** Study material **
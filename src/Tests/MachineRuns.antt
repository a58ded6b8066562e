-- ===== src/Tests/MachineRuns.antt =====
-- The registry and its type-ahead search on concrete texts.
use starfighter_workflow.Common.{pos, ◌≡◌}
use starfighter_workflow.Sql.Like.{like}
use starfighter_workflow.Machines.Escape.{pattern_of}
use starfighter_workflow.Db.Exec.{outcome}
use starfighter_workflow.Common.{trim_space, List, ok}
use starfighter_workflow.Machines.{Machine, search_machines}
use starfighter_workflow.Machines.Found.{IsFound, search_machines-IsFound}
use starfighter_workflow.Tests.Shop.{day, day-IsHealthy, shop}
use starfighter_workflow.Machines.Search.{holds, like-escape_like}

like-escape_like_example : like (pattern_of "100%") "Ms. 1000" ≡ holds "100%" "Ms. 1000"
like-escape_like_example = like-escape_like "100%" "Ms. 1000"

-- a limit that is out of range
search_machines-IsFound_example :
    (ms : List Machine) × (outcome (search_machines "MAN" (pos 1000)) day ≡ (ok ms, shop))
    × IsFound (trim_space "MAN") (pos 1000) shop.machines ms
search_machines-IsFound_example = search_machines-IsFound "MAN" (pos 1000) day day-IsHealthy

...

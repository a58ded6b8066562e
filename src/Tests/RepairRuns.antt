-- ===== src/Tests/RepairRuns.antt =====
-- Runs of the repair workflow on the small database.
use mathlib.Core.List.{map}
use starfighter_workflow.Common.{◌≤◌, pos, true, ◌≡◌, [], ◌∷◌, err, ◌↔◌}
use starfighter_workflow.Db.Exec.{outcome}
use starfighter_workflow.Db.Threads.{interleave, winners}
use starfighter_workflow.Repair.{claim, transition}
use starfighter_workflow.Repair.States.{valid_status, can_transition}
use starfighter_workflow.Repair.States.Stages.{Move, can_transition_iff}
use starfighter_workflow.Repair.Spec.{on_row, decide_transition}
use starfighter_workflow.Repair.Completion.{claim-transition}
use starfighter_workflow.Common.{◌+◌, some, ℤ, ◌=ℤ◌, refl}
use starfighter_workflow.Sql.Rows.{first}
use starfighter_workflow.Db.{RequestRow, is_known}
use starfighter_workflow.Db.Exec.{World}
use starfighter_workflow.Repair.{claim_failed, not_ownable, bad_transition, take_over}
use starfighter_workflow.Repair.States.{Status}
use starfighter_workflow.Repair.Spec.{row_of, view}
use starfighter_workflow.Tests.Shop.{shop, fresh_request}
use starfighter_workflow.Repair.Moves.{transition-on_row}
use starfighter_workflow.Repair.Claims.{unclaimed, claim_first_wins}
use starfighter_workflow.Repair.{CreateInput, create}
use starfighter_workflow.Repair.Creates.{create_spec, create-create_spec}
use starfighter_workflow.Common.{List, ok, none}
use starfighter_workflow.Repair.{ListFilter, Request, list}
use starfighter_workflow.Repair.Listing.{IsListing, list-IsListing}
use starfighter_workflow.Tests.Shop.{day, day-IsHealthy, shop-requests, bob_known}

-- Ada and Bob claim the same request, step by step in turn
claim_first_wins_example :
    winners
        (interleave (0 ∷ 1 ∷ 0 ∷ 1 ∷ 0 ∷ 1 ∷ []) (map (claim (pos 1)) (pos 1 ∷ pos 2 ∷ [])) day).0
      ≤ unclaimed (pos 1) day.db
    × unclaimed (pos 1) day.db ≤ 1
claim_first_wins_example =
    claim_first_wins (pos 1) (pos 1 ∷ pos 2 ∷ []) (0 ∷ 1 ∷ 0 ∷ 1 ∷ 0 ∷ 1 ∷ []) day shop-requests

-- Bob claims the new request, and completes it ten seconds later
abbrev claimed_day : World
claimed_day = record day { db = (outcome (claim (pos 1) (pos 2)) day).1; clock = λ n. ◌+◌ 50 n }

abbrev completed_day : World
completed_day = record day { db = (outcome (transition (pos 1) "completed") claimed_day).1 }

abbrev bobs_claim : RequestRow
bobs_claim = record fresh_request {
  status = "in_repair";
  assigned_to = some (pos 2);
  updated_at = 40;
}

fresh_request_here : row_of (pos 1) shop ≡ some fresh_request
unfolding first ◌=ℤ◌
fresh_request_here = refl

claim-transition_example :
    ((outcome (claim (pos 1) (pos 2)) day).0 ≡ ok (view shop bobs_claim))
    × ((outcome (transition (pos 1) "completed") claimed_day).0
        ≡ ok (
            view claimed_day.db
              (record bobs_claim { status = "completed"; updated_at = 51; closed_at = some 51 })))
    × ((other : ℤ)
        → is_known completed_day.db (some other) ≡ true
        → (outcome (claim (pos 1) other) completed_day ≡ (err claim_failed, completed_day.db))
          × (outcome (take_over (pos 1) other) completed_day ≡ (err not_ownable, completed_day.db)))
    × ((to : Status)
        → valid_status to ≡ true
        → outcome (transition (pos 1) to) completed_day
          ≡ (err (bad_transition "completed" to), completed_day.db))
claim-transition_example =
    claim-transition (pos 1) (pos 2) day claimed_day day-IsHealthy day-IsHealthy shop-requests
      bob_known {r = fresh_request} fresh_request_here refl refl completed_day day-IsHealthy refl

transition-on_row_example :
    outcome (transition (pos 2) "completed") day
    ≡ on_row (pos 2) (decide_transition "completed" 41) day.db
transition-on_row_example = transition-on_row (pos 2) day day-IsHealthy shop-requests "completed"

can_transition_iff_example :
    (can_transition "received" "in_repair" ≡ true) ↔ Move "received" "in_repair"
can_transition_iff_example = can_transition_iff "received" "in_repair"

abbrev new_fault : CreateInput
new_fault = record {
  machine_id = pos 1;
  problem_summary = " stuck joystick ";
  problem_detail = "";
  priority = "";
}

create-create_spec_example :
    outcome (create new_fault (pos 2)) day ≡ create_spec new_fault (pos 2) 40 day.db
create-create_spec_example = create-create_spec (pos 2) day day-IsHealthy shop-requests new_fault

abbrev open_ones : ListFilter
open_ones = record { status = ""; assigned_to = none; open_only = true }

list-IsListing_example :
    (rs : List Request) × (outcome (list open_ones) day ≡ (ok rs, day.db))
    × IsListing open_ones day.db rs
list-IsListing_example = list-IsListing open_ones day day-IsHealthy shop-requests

** What this task involves **
Every line above from the line with "(err claim_failed, completed_day.db))" to the line with "list-IsListing_example = list-IsListing" is wanted, ends included; write them out exactly and add no other line.

** Your solution **
        → (outcome (claim (pos 1) other) completed_day ≡ (err claim_failed, completed_day.db))
          × (outcome (take_over (pos 1) other) completed_day ≡ (err not_ownable, completed_day.db)))
    × ((to : Status)
        → valid_status to ≡ true
        → outcome (transition (pos 1) to) completed_day
          ≡ (err (bad_transition "completed" to), completed_day.db))
claim-transition_example =
    claim-transition (pos 1) (pos 2) day claimed_day day-IsHealthy day-IsHealthy shop-requests
      bob_known {r = fresh_request} fresh_request_here refl refl completed_day day-IsHealthy refl

transition-on_row_example :
    outcome (transition (pos 2) "completed") day
    ≡ on_row (pos 2) (decide_transition "completed" 41) day.db
transition-on_row_example = transition-on_row (pos 2) day day-IsHealthy shop-requests "completed"

can_transition_iff_example :
    (can_transition "received" "in_repair" ≡ true) ↔ Move "received" "in_repair"
can_transition_iff_example = can_transition_iff "received" "in_repair"

abbrev new_fault : CreateInput
new_fault = record {
  machine_id = pos 1;
  problem_summary = " stuck joystick ";
  problem_detail = "";
  priority = "";
}

create-create_spec_example :
    outcome (create new_fault (pos 2)) day ≡ create_spec new_fault (pos 2) 40 day.db
create-create_spec_example = create-create_spec (pos 2) day day-IsHealthy shop-requests new_fault

abbrev open_ones : ListFilter
open_ones = record { status = ""; assigned_to = none; open_only = true }

list-IsListing_example :
    (rs : List Request) × (outcome (list open_ones) day ≡ (ok rs, day.db))
    × IsListing open_ones day.db rs
list-IsListing_example = list-IsListing open_ones day day-IsHealthy shop-requests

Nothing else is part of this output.